3. New patterns of the localized excitations

Take
$\begin{eqnarray}\begin{array}{l}{p}_{1}={a}_{0}+{a}_{1}{{\rm{e}}}^{{\xi }_{1}},\quad {p}_{2}={a}_{2}+{a}_{3}{{\rm{e}}}^{{\xi }_{1}},\\ Y=1+{{\rm{e}}}^{\eta },\quad {T}_{1}=0,\\ {\xi }_{1}={k}_{1}x+{\omega }_{1}t+{x}_{10},\quad \eta ={l}_{1}y+{y}_{10},\end{array}\end{eqnarray}$
the solution (13) becomes
$\begin{eqnarray}w=-\displaystyle \frac{2{k}_{1}{l}_{1}{A}_{0}T{{\rm{e}}}^{{\xi }_{1}+\eta }}{{\left[{a}_{0}+{a}_{1}{{\rm{e}}}^{{\xi }_{1}}+T({a}_{2}+{a}_{3}{{\rm{e}}}^{{\xi }_{1}})(1+{{\rm{e}}}^{\eta })\right]}^{2}}.\end{eqnarray}$
Given that ${a}_{3}\gt \left|{a}_{1}\right|\gt 0$, ${a}_{2}\gt \left|{a}_{0}\right|\gt 0$, and that T is equal to 1, the solution describes a dromion moving along a straight line parallel to the x-axis. This fact prompts us to consider a question: when the function T displays a specific asymptotic behavior, does the dromion structure exhibit a similar one?
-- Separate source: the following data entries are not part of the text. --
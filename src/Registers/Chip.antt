-- ===== src/Registers/Chip.antt =====
-- Constants of .deprecated/inc/stm32.h: the chip ids.
use libstlink.Prelude.{ℕ}

abbrev pub wb06_wb07 : ℕ
wb06_wb07 = 0x01e

abbrev pub wb09 : ℕ
wb09 = 0x032

abbrev pub f2 : ℕ
f2 = 0x411

abbrev pub f4 : ℕ
f4 = 0x413

abbrev pub l4 : ℕ
l4 = 0x415

abbrev pub l1_md : ℕ
l1_md = 0x416

abbrev pub l0_cat3 : ℕ
l0_cat3 = 0x417

abbrev pub f4_hd : ℕ
f4_hd = 0x419

abbrev pub f446 : ℕ
f446 = 0x421

abbrev pub f4_lp : ℕ
f4_lp = 0x423

abbrev pub l0_cat2 : ℕ
l0_cat2 = 0x425

abbrev pub l1_md_plus : ℕ
l1_md_plus = 0x427

abbrev pub l1_cat2 : ℕ
l1_cat2 = 0x429

abbrev pub f411xx : ℕ
f411xx = 0x431

abbrev pub f4_de : ℕ
f4_de = 0x433

abbrev pub f4_dsi : ℕ
f4_dsi = 0x434

abbrev pub l1_md_plus_hd : ℕ
l1_md_plus_hd = 0x436

abbrev pub l152_re : ℕ
l152_re = 0x437

abbrev pub f412 : ℕ
f412 = 0x441

abbrev pub l0_cat5 : ℕ
l0_cat5 = 0x447

abbrev pub f7 : ℕ
f7 = 0x449

abbrev pub f76xxx : ℕ
f76xxx = 0x451

abbrev pub f72xxx : ℕ
f72xxx = 0x452

abbrev pub l0_cat1 : ℕ
l0_cat1 = 0x457

abbrev pub f410 : ℕ
f410 = 0x458

abbrev pub l496x_l4a6x : ℕ
l496x_l4a6x = 0x461

abbrev pub f413 : ℕ
f413 = 0x463

abbrev pub l4rx : ℕ
l4rx = 0x470

abbrev pub h7ax : ℕ
h7ax = 0x480

abbrev pub f1_md : ℕ
f1_md = 0x410

abbrev pub f1_ld : ℕ
f1_ld = 0x412

abbrev pub f1_hd : ℕ
f1_hd = 0x414

abbrev pub f1_conn : ℕ
f1_conn = 0x418

abbrev pub f1_vl_md_ld : ℕ
f1_vl_md_ld = 0x420

abbrev pub f3 : ℕ
f3 = 0x422

abbrev pub f1_vl_hd : ℕ
f1_vl_hd = 0x428

abbrev pub f1_xld : ℕ
f1_xld = 0x430

abbrev pub f37x : ℕ
f37x = 0x432

abbrev pub l43x_l44x : ℕ
l43x_l44x = 0x435

abbrev pub f334 : ℕ
f334 = 0x438

abbrev pub f3xx_small : ℕ
f3xx_small = 0x439

abbrev pub f0 : ℕ
f0 = 0x440

abbrev pub f09x : ℕ
f09x = 0x442

abbrev pub c011xx : ℕ
c011xx = 0x443

abbrev pub f0xx_small : ℕ
f0xx_small = 0x444

abbrev pub f04 : ℕ
f04 = 0x445

abbrev pub f303_hd : ℕ
f303_hd = 0x446

abbrev pub f0_can : ℕ
f0_can = 0x448

abbrev pub c051xx : ℕ
c051xx = 0x44c

abbrev pub c091xx_c92xx : ℕ
c091xx_c92xx = 0x44d

abbrev pub c031xx : ℕ
c031xx = 0x453

abbrev pub g0_cat2 : ℕ
g0_cat2 = 0x460

abbrev pub l45x_l46x : ℕ
l45x_l46x = 0x462

abbrev pub l41x_l42x : ℕ
l41x_l42x = 0x464

abbrev pub g0_cat1 : ℕ
g0_cat1 = 0x466

abbrev pub g4_cat2 : ℕ
g4_cat2 = 0x468

abbrev pub g4_cat3 : ℕ
g4_cat3 = 0x469

abbrev pub l4px : ℕ
l4px = 0x471

abbrev pub g4_cat4 : ℕ
g4_cat4 = 0x479

abbrev pub c071xx : ℕ
c071xx = 0x493

abbrev pub core_m3_r1p1_swd : ℕ
core_m3_r1p1_swd = 0x1ba01477

abbrev pub core_m7f_swd : ℕ
core_m7f_swd = 0x5ba02477

abbrev pub core_m7f_m33_swd : ℕ
core_m7f_m33_swd = 0x6ba02477

abbrev pub core_m7f_m33_jtag : ℕ
core_m7f_m33_jtag = 0x6ba00477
Let wx = wy = 0, the trajectory of the crest of the dromion can be described by the following parametric equations
$\begin{eqnarray}\begin{array}{rcl}{\xi }_{1} & = & {k}_{1}x+{\omega }_{1}t+{x}_{10}=\mathrm{ln}(\beta ),\\ \eta & = & \mathrm{ln}\left\{\displaystyle \frac{({a}_{0}+{a}_{2}T)}{{a}_{3}\beta T}\right\},\\ \beta & = & \beta (t)={\left[\displaystyle \frac{{a}_{2}({a}_{0}+{a}_{2}T)}{{a}_{3}({a}_{1}+{a}_{3}T)}\right]}^{\tfrac{1}{2}}.\end{array}\end{eqnarray}$
Substituting (16) into (15), the function describing the variation of amplitude with time can be derived
$\begin{eqnarray}A=\displaystyle \frac{2{a}_{3}{k}_{1}{l}_{1}{A}_{0}({a}_{0}+{a}_{2}T){\beta }^{2}}{{\left[{a}_{0}{a}_{2}+2{a}_{0}{a}_{3}\beta +{a}_{1}{a}_{3}{\beta }^{2}+{\left({a}_{2}+{a}_{3}\beta \right)}^{2}T\right]}^{2}}.\end{eqnarray}$
In the following, we will examine the dynamical behavior of u with different choices of the function T.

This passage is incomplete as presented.